> **WHAT NEEDS TO BE DONE**
Scan the records and identify every line in which the string "cases" occurs, then return those lines.

(EXCERPTED RECORDS begins)

-- ===== src/Emit/Literal.antt =====
-- What `EmitLiteral` writes is a literal element with the bytes it was given.
use csnappy.Common.{
  ℕ, ◌+◌, ◌-◌, ◌*◌, ◌/◌, ◌%◌, ◌^◌, ◌≤◌, ◌<◌, ◌≡◌, max, arith, refl, ap, ◌∙◌, List, [], ◌∷◌, ◌++◌,
  append_assoc, length, length-append, take, drop, All, take-take, Bool, true, some, ltb, leb,
  bit_or, if◌then◌else◌, Bool-cases, inl, inr, ◌&&◌,
}
use csnappy.Common.Bits.{zero-bit_or}
use csnappy.Format.{Element, literal, split_at, literal_of, literal_element, element}
use csnappy.Words.{part}
use csnappy.Words.Loads.{slice_lem, length-part, part-IsByte}
use csnappy.Emit.{Out, put, put_slice, put_sixteen, emit_literal}
use csnappy.Emit.Length.{length_bytes, length-length_bytes_pos, field-length_bytes}

-- What an emitter has done to the output: it appended a block of at most `size` bytes that spells
-- the element `e`, and wrote at most `slack` bytes past the new end.
pub record Emitted (e : Element) (size slack : ℕ) (out out' : Out) : Type 0 where
  pub chunk : List ℕ
  pub appended : out'.bytes ≡ out.bytes ++ chunk
  pub spells : element chunk ≡ some (e, [])
  pub are_bytes : All (λ b. b < 256) chunk
  pub small : length chunk ≤ size
  pub bounded : out'.reach ≤ max out.reach (length out'.bytes + slack)

-- A literal of `len` bytes with its tag and length.
unfoldable pub literal_size : ℕ → ℕ
literal_size len =
    if ltb len 61
    then len + 1
    else if ltb len 257
    then len + 2
    else if ltb len 65537
    then len + 3
    else len + 5

split_at_all : (bytes : List ℕ) → split_at (length bytes) bytes ≡ some (bytes, [])
unfolding split_at
split_at_all [] = refl
split_at_all (b ∷ bytes) = rw (split_at_all bytes)

pub short_spells :
    (n : ℕ) (bytes : List ℕ)
    → n < 60
    → length bytes ≡ n + 1
    → element ((n * 4) ∷ bytes) ≡ some (literal bytes, [])
unfolding element literal_element literal_of
short_spells n bytes h e =
    ground (arith, split_at_all bytes, ap (λ (t : ℕ). split_at t bytes) e, four)
  where
    four : n * 4 / 4 ≡ n
    four = omega arith

pub long_spells :
    (n : ℕ) (bytes : List ℕ)
    → 60 ≤ n
    → n < 2 ^ 31
    → length bytes ≡ n + 1
    → element (((59 + length (length_bytes 4 n)) * 4) ∷ (length_bytes 4 n ++ bytes))
      ≡ some (literal bytes, [])
unfolding element literal_element literal_of
long_spells n bytes h lt e = ground (
  arith,
  split_at_all bytes,
  ap (λ (t : ℕ). split_at t bytes) e,
  field-length_bytes 4 n bytes (omega arith),
  length-length_bytes_pos 3 n (omega arith),
  tag,
  again,
)
  where
    tag : (59 + length (length_bytes 4 n)) * 4 / 4 ≡ 59 + length (length_bytes 4 n)
    tag = omega arith

    again : 59 + length (length_bytes 4 n) - 59 ≡ length (length_bytes 4 n)
    again = omega arith

-- Up to 60 bytes: the length stands in the tag.
module _ (input : List ℕ) (out : Out) (pos len : ℕ) (pos_len : 1 ≤ len) (short : len ≤ 60)
    (fits : pos + len ≤ length input) (bytes : All (λ b. b < 256) input) where
  abbrev short_end : ℕ → Out
  short_end n = record {
    bytes = (out.bytes ++ (((len - 1) * 4) ∷ [])) ++ part input pos len;
    reach = max (max out.reach (length out.bytes + 1)) (length out.bytes + 1 + n);
  }

  short_Emitted :
      (n : ℕ)
      → len ≤ n
      → n ≤ len + 15
      → Emitted (literal (part input pos len)) (len + 1) 15 out (short_end n)
  short_Emitted n lo hi = record {
    chunk = ((len - 1) * 4) ∷ part input pos len;
    appended = append_assoc out.bytes (((len - 1) * 4) ∷ []) (part input pos len);
    spells =
        short_spells (len - 1) (part input pos len) (omega arith)
          (omega (arith, length-part input pos len fits));
    are_bytes = (omega arith, part-IsByte input pos len bytes);
    small = omega (arith, length-part input pos len fits);
    bounded = omega (
      arith,
      length-append (out.bytes ++ (((len - 1) * 4) ∷ [])) (part input pos len),
      length-append out.bytes (((len - 1) * 4) ∷ []),
      length-part input pos len fits,
    );
  }

  tag_byte : bit_or 0 ((len - 1) * 2 ^ 2) % 256 ≡ (len - 1) * 4
  tag_byte = ap (λ (t : ℕ). t % 256) (zero-bit_or ((len - 1) * 2 ^ 2)) ∙ omega arith

  block_part : len ≤ 16 → take len (part input pos 16) ≡ part input pos len
  block_part h = take-take len 16 (drop pos input) h

  put_sixteen_lem :
      len ≤ 16
      → pos + 16 ≤ length input
      → put_sixteen input (put out (bit_or 0 ((len - 1) * 2 ^ 2))) pos len ≡ some (short_end 16)
  unfolding put_sixteen put
  put_sixteen_lem h room = rw (slice_lem input pos 16 room, block_part h, tag_byte, length-append)

  put_slice_lem :
      put_slice input (put out (bit_or 0 ((len - 1) * 2 ^ 2))) pos len ≡ some (short_end len)
  unfolding put_slice put
  put_slice_lem = rw (slice_lem input pos len fits, tag_byte, length-append)

  -- The branch for a length that fits the tag, on the fast path and off it.
  pub emit_short :
      (fast : Bool)
      → (fast ≡ true → pos + 16 ≤ length input)
      → (out' : Out) × (emit_literal input out pos len fast ≡ some out')
        × Emitted (literal (part input pos len)) (len + 1) 15 out out'
  unfolding emit_literal
  emit_short fast room = elim (Bool-cases (fast && leb len 16)) [
    | inl go ↦ (
      short_end 16,
      rw (in_tag, go) (put_sixteen_lem (fast_len go) (room (fast_on fast go))),
      short_Emitted 16 (omega (arith, fast_len go)) (omega arith),
    )
    | inr slow ↦ (
      short_end len,
      rw (in_tag, slow) put_slice_lem,
      short_Emitted len (omega arith) (omega arith),
    )
  ]
    where
      in_tag : ltb (len - 1) 60 ≡ true
      in_tag = ground arith

      fast_len : (fast && leb len 16) ≡ true → len ≤ 16
      fast_len go = ground arith

      fast_on : (b : Bool) → (b && leb len 16) ≡ true → b ≡ true
      fast_on b go = ground arith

(EXCERPTED RECORDS ends)

> **EXERCISE ANSWER**
  bit_or, if◌then◌else◌, Bool-cases, inl, inr, ◌&&◌,
  emit_short fast room = elim (Bool-cases (fast && leb len 16)) [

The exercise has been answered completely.